Colossal dielectric constants in single-crystalline and ceramic CaCu3Ti4O12 investigated by broadband dielectric spectroscopy

TL;DR

This study investigates the origin of colossal dielectric constants in CaCu3Ti4O12 through broadband dielectric spectroscopy on single crystals and ceramics, revealing surface-related effects and relaxational behaviors up to 1.3 GHz.

Contribution

It provides a comprehensive broadband analysis of CaCu3Ti4O12, including single crystals, and proposes a surface-related mechanism involving metal-insulator diodes for the colossal dielectric response.

Findings

Colossal dielectric constants are influenced by surface treatments and ac-field amplitude.

The second relaxation is sensitive to surface modifications and voltage.

Intrinsic conductivity follows the Variable Range Hopping model.

Abstract

In the present work the authors report results of broadband dielectric spectroscopy on various samples of CaCu3Ti4O12, including so far only rarely investigated single crystalline material.
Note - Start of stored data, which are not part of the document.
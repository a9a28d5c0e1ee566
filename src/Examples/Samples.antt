-- ===== src/Examples/Samples.antt =====
-- Small data of the other services: rules of the project "q", a trace, tables of the retention job,
-- and a dataset.
use mathlib.Core.List.Memᴰ
use arcane_backend.Common.{
  ℕ, String, ◌==◌, eq_iff, false, none, some, Bool, true, not, ◌&&◌, List, [], ◌∷◌, map, ◌≡◌, refl,
  sym, ap, ◌∙◌, Memᴰ, includes, includes_iff, add, and-eq-true, ◌≢◌,
}
use arcane_backend.Datasets.Csv.{Dataset, validate_header}
use arcane_backend.Datasets.Csv.Header.{IsHeader, validate_header_iff}
use arcane_backend.Examples.CsvText.{csv}
use arcane_backend.Examples.InMemory.{platform}
use arcane_backend.Examples.RetentionInMemory.{store}
use arcane_backend.Examples.SlotLaws.{empty-AllCached}
use arcane_backend.Examples.Tables.{tables}
use arcane_backend.Platform.{AttributeVisibilityRule, World, Db}
use arcane_backend.Platform.Laws.{Distinct}
use arcane_backend.Projects.VisibilityRules.{CreateAttributeVisibilityRule}
use arcane_backend.Projects.VisibilityRules.Changes.{HasUniqueRules}
use arcane_backend.Rbac.Current.{IsCurrent, CacheIsCurrent}
use arcane_backend.Retention.Policies.{Tables}
use arcane_backend.Retention.Report.{HasIds}
use arcane_backend.Retention.Store.{
  AuditLog, Evaluation, Experiment, OrganisationInvitation, experiment, accepted, HasUniqueIds,
}
use arcane_backend.Traces.Attributes.{
  text, primitive, Attribute, Span, TraceResponse, TraceSummary, SearchResponse,
}
use arcane_backend.Traces.Filter.{ProjectTraceFilter}

-- Rows whose ids are all different.
abbrev pub all_different : {E : Type 0} → (E → String) → List E → Bool
all_different id_of [] = true
all_different id_of (x ∷ rows) =
    not (includes (map id_of rows) (id_of x)) && all_different id_of rows

pub all_different-HasUniqueIds :
    {E : Type 0} (id_of : E → String) (rows : List E)
    → all_different id_of rows ≡ true
    → HasUniqueIds id_of rows
all_different-HasUniqueIds id_of [] d x y m k e = elim m [ ]
all_different-HasUniqueIds {E} id_of (z ∷ rows) d x y m k e =
    split (and-eq-true _ _ d).0 (all_different-HasUniqueIds id_of rows (and-eq-true _ _ d).1) m k
  where
    missing :
        not (includes (map id_of rows) (id_of z)) ≡ true → (w : E) → Memᴰ w rows → id_of w ≢ id_of z
    missing t w n same =
        let here =
          (includes_iff (map id_of rows) (id_of z)).1 (Memᴰ.cast (sym same) (Memᴰ.map id_of n)) in
        cc

    split :
        not (includes (map id_of rows) (id_of z)) ≡ true
        → HasUniqueIds id_of rows
        → Memᴰ x (z ∷ rows)
        → Memᴰ y (z ∷ rows)
        → x ≡ y
    split t u (Memᴰ.head a) (Memᴰ.head b) = a ∙ sym b
    split t u (Memᴰ.head a) (Memᴰ.tail n) = absurd (missing t y n (sym e ∙ ap id_of a))
    split t u (Memᴰ.tail n) (Memᴰ.head b) = absurd (missing t x n (e ∙ ap id_of b))
    split t u (Memᴰ.tail n) (Memᴰ.tail q) = u x y n q e

abbrev pub rule : AttributeVisibilityRule
rule = record {
  id = "v1";
  project_id = "q";
  attribute_name = "secret";
  hidden_role_ids = "r3" ∷ [];
  created_by_id = "bob";
  updated_by_id = none;
}

abbrev pub ruled_tables : Db
ruled_tables = record tables { visibility_rules = rule ∷ [] }

abbrev pub ruled_world : World platform
ruled_world = record { db = ruled_tables; cache = none; audit_log = [] }

pub ruled_world-CacheIsCurrent : CacheIsCurrent platform ruled_world
ruled_world-CacheIsCurrent = empty-AllCached (IsCurrent platform ruled_tables)

pub rule-HasUniqueRules : HasUniqueRules (rule ∷ [])
rule-HasUniqueRules = record {
  unique_ids = λ r s m k e. Memᴰ.eq_of_singleton m ∙ sym (Memᴰ.eq_of_singleton k);
  unique_names = λ r s m k e f. Memᴰ.eq_of_singleton m ∙ sym (Memᴰ.eq_of_singleton k);
}

abbrev pub new_rule_request : CreateAttributeVisibilityRule
new_rule_request = record { attribute_name = "prompt"; hidden_role_ids = "r2" ∷ [] }

abbrev pub attribute : String → String → Attribute
attribute k v = record { key = k; value = primitive (text v) }

abbrev pub span : Span
span = record {
  attributes = some (attribute "secret" "s1" ∷ attribute "project" "alpha" ∷ []);
  events = none;
  links = none;
  rest = "";
}

abbrev pub trace : TraceResponse
trace = record {
  batches = some (
      record {
        resource = none;
        scope_spans = some (record { scope = none; spans = some (span ∷ []); rest = "" } ∷ []);
        rest = "";
      }
      ∷ []);
  rest = "";
}

abbrev pub summary : TraceSummary
summary = record {
  trace_id = "t1";
  spans = some (record { attributes = span.attributes; rest = "" } ∷ []);
  rest = "";
}

abbrev pub search : SearchResponse
search = record { traces = some (summary ∷ []); rest = "" }

abbrev pub filter : ProjectTraceFilter
filter = record { attribute_name = "project"; attribute_value = "alpha" }

abbrev pub log : String → ℕ → AuditLog ℕ
log id day = record { id = id; created_at = day; organisation_id = some "o"; rest = "" }

abbrev pub evaluation : String → ℕ → Evaluation ℕ
evaluation id day = record {
  id = id;
  project_id = "q";
  evaluation_scope = experiment;
  created_at = day;
}

abbrev pub old_experiment : Experiment ℕ
old_experiment = record { id = "x1"; project_id = "q"; created_at = 10 }

abbrev pub invitation : OrganisationInvitation ℕ
invitation = record { id = "i1"; status = accepted; created_at = 1; accepted_at = some 5 }

abbrev pub retention_tables : Tables store
retention_tables = record {
  audit_logs = log "l1" 3 ∷ log "l2" 999 ∷ [];
  evaluations = evaluation "e1" 950 ∷ evaluation "e2" 2 ∷ [];
  evaluation_experiments = ("e1", "x1") ∷ [];
  experiments = old_experiment ∷ [];
  invitations = invitation ∷ [];
  organisations = record { id = "o"; audit_log_retention_days = none } ∷ [];
  projects =
      record {
        id = "q";
        organisation_id = "o";
        evaluation_retention_days = none;
        experiment_retention_days = some 30;
      }
      ∷ [];
}

pub logs-HasUniqueIds : HasUniqueIds (λ (l : AuditLog ℕ). l.id) retention_tables.audit_logs
unfolding includes
logs-HasUniqueIds =
    all_different-HasUniqueIds (λ (l : AuditLog ℕ). l.id) retention_tables.audit_logs refl

pub evaluations-HasUniqueIds :
    HasUniqueIds (λ (e : Evaluation ℕ). e.id) retention_tables.evaluations
unfolding includes
evaluations-HasUniqueIds =
    all_different-HasUniqueIds (λ (e : Evaluation ℕ). e.id) retention_tables.evaluations refl

pub experiments-HasUniqueIds :
    HasUniqueIds (λ (x : Experiment ℕ). x.id) retention_tables.experiments
unfolding includes
experiments-HasUniqueIds =
    all_different-HasUniqueIds (λ (x : Experiment ℕ). x.id) retention_tables.experiments refl

two_different-Distinct : (v w : String) → (v == w) ≡ false → Distinct (v ∷ w ∷ [])
two_different-Distinct v w e = (only, (λ m. elim m [ ], tt))
  where
    only : ¬ Memᴰ v (w ∷ [])
    only (Memᴰ.head f) = let g = (eq_iff v w).1 f in absurd (cc)
    only (Memᴰ.tail k) = elim k [ ]

pub retention_tables-HasIds : HasIds store retention_tables
retention_tables-HasIds = (
  two_different-Distinct "l1" "l2" refl,
  two_different-Distinct "e1" "e2" refl,
  (λ m. elim m [ ], tt),
)

abbrev pub columns : List String
columns = "question" ∷ "answer" ∷ []

abbrev pub dataset : Dataset
dataset = record { header = columns; rows = ("two and two" ∷ "four" ∷ []) ∷ ("why" ∷ []) ∷ [] }

pub columns-IsHeader : IsHeader columns
unfolding validate_header includes add
columns-IsHeader = ((validate_header_iff csv columns columns).0 refl).1
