-- ===== src/Examples/JobWitnesses.antt =====
-- The theorems on the retention job, at the samples.
use arcane_backend.Common.{ℕ, some, ◌≡◌, Result, arith, filter_by}
use arcane_backend.Examples.RetentionInMemory.{store, store_lawful, store-IsReporting}
use arcane_backend.Examples.Samples.{
  retention_tables, logs-HasUniqueIds, evaluations-HasUniqueIds, experiments-HasUniqueIds,
  retention_tables-HasIds,
}
use arcane_backend.Retention.AuditLogs.{IsLogDue, OnlyLogs, delete_old_audit_logs_lem}
use arcane_backend.Retention.Batches.{delete_batches}
use arcane_backend.Retention.Evaluations.{
  IsEvaluationDue, OnlyEvaluations, delete_old_evaluations_lem,
}
use arcane_backend.Retention.Experiments.{IsCleanUp}
use arcane_backend.Retention.Experiments.Laws.{
  IsExperimentDue, limited_projects, delete_old_experiments_lem,
}
use arcane_backend.Retention.Invitations.{
  IsInvitationDue, OnlyInvitations, delete_old_organisation_invitations_lem,
}
use arcane_backend.Retention.Loop.{Ended, delete_batches-Ended}
use arcane_backend.Retention.Outcome.{Turned, IsFresh}
use arcane_backend.Retention.Policies.{
  Tables, delete_old_audit_logs, delete_old_evaluations, delete_old_experiments,
  delete_old_organisation_invitations, is_old_log, run_all_retention_policies,
}
use arcane_backend.Retention.Report.{IsRetained, IsCounted, reports, run_all_retention_policies_lem}
use arcane_backend.Retention.Store.{AuditLog, Organisation}

abbrev org : Organisation
org = record { id = "o"; audit_log_retention_days = some 30 }

delete_batches-Ended_example :
    Ended store store_lawful
      (is_old_log store org)
      (λ (l : AuditLog ℕ). l.id)
      (delete_batches store
        (is_old_log store org)
        (λ (l : AuditLog ℕ). l.id)
        3
        retention_tables.audit_logs
        0)
      retention_tables.audit_logs
delete_batches-Ended_example =
    delete_batches-Ended store store_lawful (is_old_log store org) (λ (l : AuditLog ℕ). l.id) 3
      retention_tables.audit_logs 0 (omega arith) logs-HasUniqueIds

delete_old_audit_logs_lem_example :
    Turned
      (λ (u : Tables store). u.audit_logs)
      (IsFresh store)
      (OnlyLogs store)
      (IsLogDue store retention_tables)
      (λ _. Unit {0})
      (delete_old_audit_logs store 4 retention_tables)
      retention_tables
unfolding filter_by
delete_old_audit_logs_lem_example =
    delete_old_audit_logs_lem store store_lawful 4 retention_tables (omega arith) logs-HasUniqueIds

delete_old_evaluations_lem_example :
    Turned
      (λ (u : Tables store). u.evaluations)
      (λ _. ⊥)
      (OnlyEvaluations store)
      (IsEvaluationDue store retention_tables)
      (λ _. Unit {0})
      (delete_old_evaluations store 3 retention_tables)
      retention_tables
delete_old_evaluations_lem_example =
    delete_old_evaluations_lem store store_lawful 3 retention_tables (omega arith)
      evaluations-HasUniqueIds

delete_old_experiments_lem_example :
    Turned
      (λ (u : Tables store). u.experiments)
      (λ _. ⊥)
      (IsCleanUp store (limited_projects store retention_tables))
      (IsExperimentDue store retention_tables)
      (λ _. Unit {0})
      (delete_old_experiments store 2 retention_tables)
      retention_tables
delete_old_experiments_lem_example =
    delete_old_experiments_lem store store_lawful 2 retention_tables (omega arith)
      experiments-HasUniqueIds evaluations-HasUniqueIds

delete_old_organisation_invitations_lem_example :
    Turned
      (λ (u : Tables store). u.invitations)
      (λ _. ⊥)
      (OnlyInvitations store)
      (IsInvitationDue store)
      (λ _. Unit {0})
      (delete_old_organisation_invitations store retention_tables)
      retention_tables
delete_old_organisation_invitations_lem_example =
    delete_old_organisation_invitations_lem store store_lawful retention_tables

run_all_retention_policies_lem_example :
    (a e x i : Result ℕ) × (t₁ t₂ t₃ u : Tables store) × (delete_old_audit_logs store 4
        retention_tables
      ≡ some (a, t₁))
    × (delete_old_evaluations store 4 t₁ ≡ some (e, t₂))
    × (delete_old_experiments store 4 t₂ ≡ some (x, t₃))
    × (delete_old_organisation_invitations store t₃ ≡ some (i, u))
    × (run_all_retention_policies store 4 retention_tables ≡ some (reports store a e x i, u))
    × IsRetained store retention_tables u a e x i
    × IsCounted store retention_tables t₁ t₂ u a e x i
unfolding filter_by
run_all_retention_policies_lem_example =
    run_all_retention_policies_lem store store_lawful store-IsReporting 4 retention_tables
      (omega arith) (omega arith) (omega arith) retention_tables-HasIds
The measurements extend up to 1.3 GHz, covering more than nine frequency decades. We address the question of the origin of the colossal dielectric constants and of the relaxational behavior in this material, including the second relaxation reported in several recent works. For this purpose, the dependence of the temperature- and frequency-dependent dielectric properties on different tempering and surface treatments of the samples and on ac-field amplitude are investigated. Broadband spectra of a single crystal are analyzed by an equivalent circuit description, assuming two highly resistive layers in series to the bulk. Good fits could be achieved, including the second relaxation, which also shows up in single crystals. The temperature- and frequency-dependent intrinsic conductivity of CCTO is consistent with the Variable Range Hopping model. The second relaxation is sensitive to surface treatment and, in contrast to the main relaxation, also is strongly affected by the applied ac voltage. Concerning the origin of the two insulating layers, we discuss a completely surface-related mechanism assuming the formation of a metal-insulator diode and a combination of surface and internal barriers.